Usami-san, leader of the South Kasobu Cheering Squad
The general justification for the refusal or inability of establishment Zen to express itself in ways that are easily accessible to the Western reader is that a central aspect of Zen is (as we shall see) the transcendence of all words and concepts. Indeed, the experience that is Zen consists entirely of transcending or “moving beyond” all conventional ideas, concepts, and words. Because Zen is not about words or the concepts they represent, it is inconceivable that you could use these things to explain it. Given that Zen is predicated upon the opposition to all theoretical or abstract notions, it seems ridiculous to attempt to describle it in such terms. In essence, to produce a set of philosophical propositions that are alleged to “explain” Zen is logically inconsistent with the premises of Zen. To engage in this type of philosophical analysis, it is said, is to miss the point entirely.

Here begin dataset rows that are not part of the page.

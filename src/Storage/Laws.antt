-- ===== src/Storage/Laws.antt =====
-- wrapper/adapter/adapter.go: what the calls of the adapter return, by cases.
use rubixgoplatform.Prelude.{
  ℕ, List, [], ◌∷◌, some, Bool, true, ◌≡◌, refl, ◌==◌, if◌then◌else◌, All, ◌⊎◌, inl, inr,
  Option-cases, Bool-cases, false, Option, none, ◌∙◌, sym,
}
use rubixgoplatform.Storage.Rows.{Table, Member, Distinct}
use rubixgoplatform.Storage.Effects.{ok, err, Error, db_error, no_records}
use rubixgoplatform.Storage.{read_all, read_one, update, write, delete}

module _ {A : Type 0} {key : A → ℕ} (g : Table A key) where
  -- The row stands in the table and passes the test.
  abbrev pub Found : g.Db → (A → Bool) → A → Type 0
  Found d q r = (g.row d (key r) ≡ some r) × (q r ≡ true)

  pub read_one-cases :
      (q : A → Bool) (d : g.Db)
      → ((e : Error) × (read_one g q d ≡ (err e, d)))
        ⊎ ((r : A) × (read_one g q d ≡ (ok r, d)) × Found d q r)
  unfolding read_one
  read_one-cases q d = elim (Option-cases (g.find d q)) [
    | inl e ↦ inl (db_error, rw (e, read_one) refl)
    | inr (l, e) ↦ first l e
  ]
    where
      first :
          (l : List A)
          → g.find d q ≡ some l
          → ((e : Error) × (read_one g q d ≡ (err e, d)))
            ⊎ ((r : A) × (read_one g q d ≡ (ok r, d)) × Found d q r)
      first [] e = inl (no_records, rw (e, read_one) refl)
      first (r ∷ rs) e = inr (r, rw (e, read_one) refl, (g.find_sound d q (r ∷ rs) e).0)

  -- Exactly the rows of the table that pass the test, each once.
  abbrev pub FoundAll : g.Db → (A → Bool) → List A → Type 0
  FoundAll d q l =
      All (Found d q) l
      × Distinct key l
      × ((k : ℕ) (r : A) → g.row d k ≡ some r → q r ≡ true → Member r l)

  pub read_all-cases :
      (q : A → Bool) (d : g.Db)
      → ((e : Error) × (read_all g q d ≡ (err e, d)))
        ⊎ ((l : List A) × (read_all g q d ≡ (ok l, d)) × FoundAll d q l)
  unfolding read_all
  read_all-cases q d = elim (Option-cases (g.find d q)) [
    | inl e ↦ inl (db_error, rw (e, read_all) refl)
    | inr (l, e) ↦ whole l e
  ]
    where
      whole :
          (l : List A)
          → g.find d q ≡ some l
          → ((e : Error) × (read_all g q d ≡ (err e, d)))
            ⊎ ((l : List A) × (read_all g q d ≡ (ok l, d)) × FoundAll d q l)
      whole [] e = inl (no_records, rw (e, read_all) refl)
      whole (r ∷ rs) e = inr (
        r ∷ rs,
        rw (e, read_all) refl,
        (
          g.find_sound d q (r ∷ rs) e,
          g.find_distinct d q (r ∷ rs) e,
          λ k x at passes. g.find_complete d q (r ∷ rs) k x e at passes,
        ),
      )

  -- The table `d'` is `d` with the row `r` written under its key.
  abbrev pub Writes : g.Db → g.Db → A → Type 0
  Writes d d' r = (k : ℕ) → g.row d' k ≡ (if k == key r then some r else g.row d k)

  pub update-cases :
      (q : A → Bool) (r old : A) (d : g.Db)
      → g.row d (key r) ≡ some old
      → q old ≡ true
      → (update g q r d ≡ (err db_error, d))
        ⊎ ((d' : g.Db) × (update g q r d ≡ (ok tt, d')) × Writes d d' r)
  unfolding update
  update-cases q r old d at passes = elim (Option-cases (g.save d q r)) [
    | inl e ↦ inl (rw (e, update) refl)
    | inr (d', e) ↦ inr (d', rw (e, update) refl, λ k. g.save_row d d' q r old k e at passes)
  ]

  pub write-cases :
      (r : A) (d : g.Db)
      → (write g r d ≡ (err db_error, d))
        ⊎ ((d' : g.Db) × (write g r d ≡ (ok tt, d')) × (g.row d (key r) ≡ none) × Writes d d' r)
  unfolding write
  write-cases r d = elim (Option-cases (g.create d r)) [
    | inl e ↦ inl (rw (e, write) refl)
    | inr (d', e) ↦ inr (
      d',
      rw (e, write) refl,
      (g.create_row d d' r (key r) e).0,
      λ k. (g.create_row d d' r k e).1,
    )
  ]

  -- The row of a table without the rows that pass the test.
  abbrev pub without : (A → Bool) → Option A → Option A
  without q none = none
  without q (some r) = if q r then none else some r

  abbrev pub Deletes : g.Db → g.Db → (A → Bool) → Type 0
  Deletes d d' q = (k : ℕ) → g.row d' k ≡ without q (g.row d k)

  without-eq :
      (q : A → Bool) (o : Option A)
      → elim o [ none ↦ none | some r ↦ if q r then none else some r ] ≡ without q o
  without-eq q none = refl
  without-eq q (some r) = refl

  pub delete-cases :
      (q : A → Bool) (d : g.Db)
      → (delete g q d ≡ (err db_error, d))
        ⊎ ((d' : g.Db) × (delete g q d ≡ (ok tt, d')) × Deletes d d' q)
  unfolding delete
  delete-cases q d = elim (Option-cases (g.delete_where d q)) [
    | inl e ↦ inl (rw (e, delete) refl)
    | inr (d', e) ↦
        inr (d', rw (e, delete) refl, λ k. g.delete_row d d' q k e ∙ without-eq q (g.row d k))
  ]

  without-failing :
      (q : A → Bool) (o : Option A) → ((r : A) → o ≡ some r → q r ≡ false) → without q o ≡ o
  without-failing q none h = refl
  without-failing q (some r) h = rw (h r refl) refl

  -- Where `Read` finds no records, there is nothing to delete.
  pub no_records-Deletes : (q : A → Bool) (d : g.Db) → g.find d q ≡ some [] → Deletes d d q
  no_records-Deletes q d e k = sym (
      without-failing q (g.row d k) λ r at. elim (Bool-cases (q r)) [
        | inl passes ↦ absurd (g.find_complete d q [] k r e at passes)
        | inr fails ↦ fails
      ])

Thus proponents of Zen have generally argued that any attempt to discuss the subject must be indirect and suggestive, rather than explicit and analytic. One thus describes Zen in much the same way that one draws a three dimensional object – a cube, say – in the two dimensions of a blackboard : by producing the shadow that the transcendental object throws in the conventional world. A cube transcends the conceptual map of a two-dimensional world, just as the experience of Zen transcends the world of concepts and ideas. Zen literature thus “hints” rather than “tells”, because telling is impossible. The result is that the literature is no more Zen than the blackboard etching is a cube. Both the drawing and the words are poor intimations, i.e., hints, about the things to which they refer.
We begin with the realization that while Zen is beyond logic (because it is beyond all concepts) it is not the case that Zen is an illogical hodgepodge of pseudo-mystical non-sense. To transcend logic is not to be illogical. Rather, it is to see in such a way that logic is no longer necessarily useful. The path toward that understanding may itself be quite orderly and logical. In much the same way, one may logically describe an experience or an activity that may help one to reach the experience or learn how to perform the activity. To use an obvious example, one might learn to skydive in terms of concepts and theories, but to jum is immediately to transcend all the words and ideas about it.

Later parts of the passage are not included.